▶ **EXERCISE AIM**
Below are the records; restate all of them word for word.

▶ **TASK INPUT**
>>>>
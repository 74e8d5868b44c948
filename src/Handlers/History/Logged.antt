-- ===== src/Handlers/History/Logged.antt =====
-- main.go, `handleAction`: an answer that reports success, and the audit log from then on.
use home_stack.Prelude.{
  ℕ, arith, true, [], Bool-cases, ◌≡◌, inl, inr, ap, List, ◌∷◌, ◌++◌, ◌<>◌, ◌∙◌, some, String,
  Option-cases, Outcome-cases,
}
use home_stack.Http.{Request, Server}
use home_stack.Actions.{ActionRequest, validate_action_request}
use home_stack.Edits.{System}
use home_stack.Events.{EventLog, AdminEvent, Journal, redacted}
use home_stack.Execute.Growth.{perform-IsGentle}
use home_stack.Events.Growth.{unfinished, recorded, IsExtended, IsExtended-line, append_event-last}
use home_stack.Execute.{State, ActionResult, active_registry, perform, execute_action}
use home_stack.Execute.Audit.{ok_audited}
use home_stack.Handlers.{reply, actor_of, handle_request, handle_action}
use home_stack.Handlers.History.{Setting, Reach}
use home_stack.Handlers.{Response, executed}
use home_stack.Handlers.History.Kept.{Reach-IsKept}

-- The text of a good event of the request stands in the log: it ends a line that begins with `start`.
abbrev pub IsLogged : Journal → String → ActionRequest → String → EventLog → Type 0
IsLogged j actor req start log =
    (evt : AdminEvent) × (text : String) × (before : List String) × (after : List String)
    × (j.marshal (redacted j evt) ≡ some text)
    × (evt.actor ≡ actor)
    × (evt.action ≡ req.action)
    × (evt.target ≡ req.target)
    × (evt.ok ≡ true)
    × (recorded log ≡ before ++ ((start <> text) ∷ after))

IsLogged-stays :
    (j : Journal) (actor : String) (req : ActionRequest) (start : String) (log later : EventLog)
    → IsExtended log later
    → IsLogged j actor req start log
    → IsLogged j actor req start later
IsLogged-stays j actor req start log later grown
      (evt, text, before, after, written, a, b, c, d, there) =
    let (rest, still) = IsExtended-line log later before after (start <> text) grown there in
    (evt, text, before, rest, written, a, b, c, d, still)

abbrev status : Response → ℕ
status (executed code result) = code
status other = 0

module _ {W : Type 0} (x : Setting W) where
  executed-IsLogged :
      (actor now : String) (req : ActionRequest) (st : State W)
      → (execute_action x.run x.bundle_dir x.host x.disk x.journal x.to_json actor now req st).0.ok
        ≡ true
      → IsLogged x.journal actor req
          (unfinished st.log)
          (execute_action x.run x.bundle_dir x.host x.disk x.journal x.to_json actor now req
            st).1.log
  executed-IsLogged actor now req st fine =
      let (_, (evt, appended, a, b, c, d)) =
        ok_audited x.run x.bundle_dir x.host x.disk x.journal x.to_json actor now req st fine in
      let mid = (perform x.run x.bundle_dir x.host x.disk x.journal x.to_json req st).1.log in
      let (text, written, last) = append_event-last x.journal evt mid _ appended in
      let gentle = perform-IsGentle x.run x.bundle_dir x.host x.disk x.journal x.to_json req st in
      let there = ap recorded last in
      (
        evt,
        text,
        recorded mid,
        [],
        written,
        a,
        b,
        c,
        d,
        there ∙ ap (λ log. recorded mid ++ ((unfinished log <> text) ∷ [])) gentle.0,
      )

  replied_ok :
      (o : ActionResult × State W) (result : ActionResult)
      → (reply x.run x.bundle_dir x.host x.disk x.journal x.to_json x.basic_auth x.decode o).0
        ≡ executed 200 result
      → o.0.ok ≡ true
  replied_ok (answer, st) result good = elim (Bool-cases answer.ok) [
    | inl fine ↦ fine
    | inr refused ↦ absurd (omega (arith, ap status (simp refused at good)))
  ]

  handled-IsLogged :
      (s : Server) (now : String) (r : Request) (st : State W) (result : ActionResult)
      → (handle_action x.run x.bundle_dir x.host x.disk x.journal x.to_json x.basic_auth x.decode s
          now r st).0
        ≡ executed 200 result
      → (req : ActionRequest) × (x.decode r ≡ some req)
        × IsLogged x.journal
            (actor_of x.run x.bundle_dir x.host x.disk x.journal x.to_json x.basic_auth x.decode s
              r)
            req
            (unfinished st.log)
            (handle_action x.run x.bundle_dir x.host x.disk x.journal x.to_json x.basic_auth
              x.decode s now r st).1.log
  unfolding handle_action handle_request
  handled-IsLogged s now r st result good = elim (Option-cases (x.decode r)) [
    | inl garbled ↦ absurd (cc (rw (garbled, handle_action) at good))
    | inr (req, decoded) ↦
        let reg = active_registry x.run x.bundle_dir x.host x.disk x.journal x.to_json st in
        let actor =
          actor_of x.run x.bundle_dir x.host x.disk x.journal x.to_json x.basic_auth x.decode s r in
        elim (Outcome-cases (validate_action_request reg req)) [
          | inr (e, refused) ↦
              absurd (cc (rw (decoded, handle_action, refused, handle_request) at good))
          | inl (_, permitted) ↦ (
            req,
            decoded,
            rw (decoded, handle_action, permitted, handle_request)
                (executed-IsLogged actor now req st (
                  replied_ok
                    (execute_action x.run x.bundle_dir x.host x.disk x.journal x.to_json actor now
                      req st)
                    result (rw (decoded, handle_action, permitted, handle_request) at good))),
          )
        ]
  ]

  -- An action that is answered with success stays in the audit log: after it, and after whatever requests
  -- and syncs follow, each over before the next begins, the log has, on a line that a newline ends, the
  -- text of an event that names the actor, the action and its target and says that it went well, however
  -- many writes to the log are cut short. The text is the whole line where the log that the request found
  -- ended with a newline or was empty; otherwise it stands behind the unfinished line that the request
  -- found.
  pub success-IsLogged :
      (sys : System) (s : Server) (now : String) (r : Request) (st : State W)
      (result : ActionResult) (later : State W)
      → (handle_action x.run x.bundle_dir x.host x.disk x.journal x.to_json x.basic_auth x.decode s
          now r st).0
        ≡ executed 200 result
      → Reach sys
          (handle_action x.run x.bundle_dir x.host x.disk x.journal x.to_json x.basic_auth x.decode
            s now r st).1
          later
      → (req : ActionRequest) × (x.decode r ≡ some req)
        × IsLogged x.journal
            (actor_of x.run x.bundle_dir x.host x.disk x.journal x.to_json x.basic_auth x.decode s
              r)
            req
            (unfinished st.log)
            later.log
  success-IsLogged sys s now r st result later good reached =
      let (req, decoded, logged) = handled-IsLogged s now r st result good in
      let then_log =
        (handle_action x.run x.bundle_dir x.host x.disk x.journal x.to_json x.basic_auth x.decode s
          now r st).1.log in
      (
        req,
        decoded,
        IsLogged-stays x.journal _ req (unfinished st.log) then_log later.log
            (Reach-IsKept sys reached).0 logged,
      )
<<<<
▶ **ANSWER SECTION**
repository 74e8d5868b44c948
filename src/Handlers/History/Logged.antt
-- ===== src/Handlers/History/Logged.antt =====
-- main.go, `handleAction`: an answer that reports success, and the audit log from then on.
use home_stack.Prelude.{
  ℕ, arith, true, [], Bool-cases, ◌≡◌, inl, inr, ap, List, ◌∷◌, ◌++◌, ◌<>◌, ◌∙◌, some, String,
  Option-cases, Outcome-cases,
}
use home_stack.Http.{Request, Server}
use home_stack.Actions.{ActionRequest, validate_action_request}
use home_stack.Edits.{System}
use home_stack.Events.{EventLog, AdminEvent, Journal, redacted}
use home_stack.Execute.Growth.{perform-IsGentle}
use home_stack.Events.Growth.{unfinished, recorded, IsExtended, IsExtended-line, append_event-last}
use home_stack.Execute.{State, ActionResult, active_registry, perform, execute_action}
use home_stack.Execute.Audit.{ok_audited}
use home_stack.Handlers.{reply, actor_of, handle_request, handle_action}
use home_stack.Handlers.History.{Setting, Reach}
use home_stack.Handlers.{Response, executed}
use home_stack.Handlers.History.Kept.{Reach-IsKept}

-- The text of a good event of the request stands in the log: it ends a line that begins with `start`.
abbrev pub IsLogged : Journal → String → ActionRequest → String → EventLog → Type 0
IsLogged j actor req start log =
    (evt : AdminEvent) × (text : String) × (before : List String) × (after : List String)
    × (j.marshal (redacted j evt) ≡ some text)
    × (evt.actor ≡ actor)
    × (evt.action ≡ req.action)
    × (evt.target ≡ req.target)
    × (evt.ok ≡ true)
    × (recorded log ≡ before ++ ((start <> text) ∷ after))

IsLogged-stays :
    (j : Journal) (actor : String) (req : ActionRequest) (start : String) (log later : EventLog)
    → IsExtended log later
    → IsLogged j actor req start log
    → IsLogged j actor req start later
IsLogged-stays j actor req start log later grown
      (evt, text, before, after, written, a, b, c, d, there) =
    let (rest, still) = IsExtended-line log later before after (start <> text) grown there in
    (evt, text, before, rest, written, a, b, c, d, still)

abbrev status : Response → ℕ
status (executed code result) = code
status other = 0

module _ {W : Type 0} (x : Setting W) where
  executed-IsLogged :
      (actor now : String) (req : ActionRequest) (st : State W)
      → (execute_action x.run x.bundle_dir x.host x.disk x.journal x.to_json actor now req st).0.ok
        ≡ true
      → IsLogged x.journal actor req
          (unfinished st.log)
          (execute_action x.run x.bundle_dir x.host x.disk x.journal x.to_json actor now req
            st).1.log
  executed-IsLogged actor now req st fine =
      let (_, (evt, appended, a, b, c, d)) =
        ok_audited x.run x.bundle_dir x.host x.disk x.journal x.to_json actor now req st fine in
      let mid = (perform x.run x.bundle_dir x.host x.disk x.journal x.to_json req st).1.log in
      let (text, written, last) = append_event-last x.journal evt mid _ appended in
      let gentle = perform-IsGentle x.run x.bundle_dir x.host x.disk x.journal x.to_json req st in
      let there = ap recorded last in
      (
        evt,
        text,
        recorded mid,
        [],
        written,
        a,
        b,
        c,
        d,
        there ∙ ap (λ log. recorded mid ++ ((unfinished log <> text) ∷ [])) gentle.0,
      )

  replied_ok :
      (o : ActionResult × State W) (result : ActionResult)
      → (reply x.run x.bundle_dir x.host x.disk x.journal x.to_json x.basic_auth x.decode o).0
        ≡ executed 200 result
      → o.0.ok ≡ true
  replied_ok (answer, st) result good = elim (Bool-cases answer.ok) [
    | inl fine ↦ fine
    | inr refused ↦ absurd (omega (arith, ap status (simp refused at good)))
  ]

  handled-IsLogged :
      (s : Server) (now : String) (r : Request) (st : State W) (result : ActionResult)
      → (handle_action x.run x.bundle_dir x.host x.disk x.journal x.to_json x.basic_auth x.decode s
          now r st).0
        ≡ executed 200 result
      → (req : ActionRequest) × (x.decode r ≡ some req)
        × IsLogged x.journal
            (actor_of x.run x.bundle_dir x.host x.disk x.journal x.to_json x.basic_auth x.decode s
              r)
            req
            (unfinished st.log)
            (handle_action x.run x.bundle_dir x.host x.disk x.journal x.to_json x.basic_auth
              x.decode s now r st).1.log
  unfolding handle_action handle_request
  handled-IsLogged s now r st result good = elim (Option-cases (x.decode r)) [
    | inl garbled ↦ absurd (cc (rw (garbled, handle_action) at good))
    | inr (req, decoded) ↦
        let reg = active_registry x.run x.bundle_dir x.host x.disk x.journal x.to_json st in
        let actor =
          actor_of x.run x.bundle_dir x.host x.disk x.journal x.to_json x.basic_auth x.decode s r in
        elim (Outcome-cases (validate_action_request reg req)) [
          | inr (e, refused) ↦
              absurd (cc (rw (decoded, handle_action, refused, handle_request) at good))
          | inl (_, permitted) ↦ (
            req,
            decoded,
            rw (decoded, handle_action, permitted, handle_request)
                (executed-IsLogged actor now req st (
                  replied_ok
                    (execute_action x.run x.bundle_dir x.host x.disk x.journal x.to_json actor now
                      req st)
                    result (rw (decoded, handle_action, permitted, handle_request) at good))),
          )
        ]
  ]

  -- An action that is answered with success stays in the audit log: after it, and after whatever requests
  -- and syncs follow, each over before the next begins, the log has, on a line that a newline ends, the
  -- text of an event that names the actor, the action and its target and says that it went well, however
  -- many writes to the log are cut short. The text is the whole line where the log that the request found
  -- ended with a newline or was empty; otherwise it stands behind the unfinished line that the request
  -- found.
  pub success-IsLogged :
      (sys : System) (s : Server) (now : String) (r : Request) (st : State W)
      (result : ActionResult) (later : State W)
      → (handle_action x.run x.bundle_dir x.host x.disk x.journal x.to_json x.basic_auth x.decode s
          now r st).0
        ≡ executed 200 result
      → Reach sys
          (handle_action x.run x.bundle_dir x.host x.disk x.journal x.to_json x.basic_auth x.decode
            s now r st).1
          later
      → (req : ActionRequest) × (x.decode r ≡ some req)
        × IsLogged x.journal
            (actor_of x.run x.bundle_dir x.host x.disk x.journal x.to_json x.basic_auth x.decode s
              r)
            req
            (unfinished st.log)
            later.log
  success-IsLogged sys s now r st result later good reached =
      let (req, decoded, logged) = handled-IsLogged s now r st result good in
      let then_log =
        (handle_action x.run x.bundle_dir x.host x.disk x.journal x.to_json x.basic_auth x.decode s
          now r st).1.log in
      (
        req,
        decoded,
        IsLogged-stays x.journal _ req (unfinished st.log) then_log later.log
            (Reach-IsKept sys reached).0 logged,
      )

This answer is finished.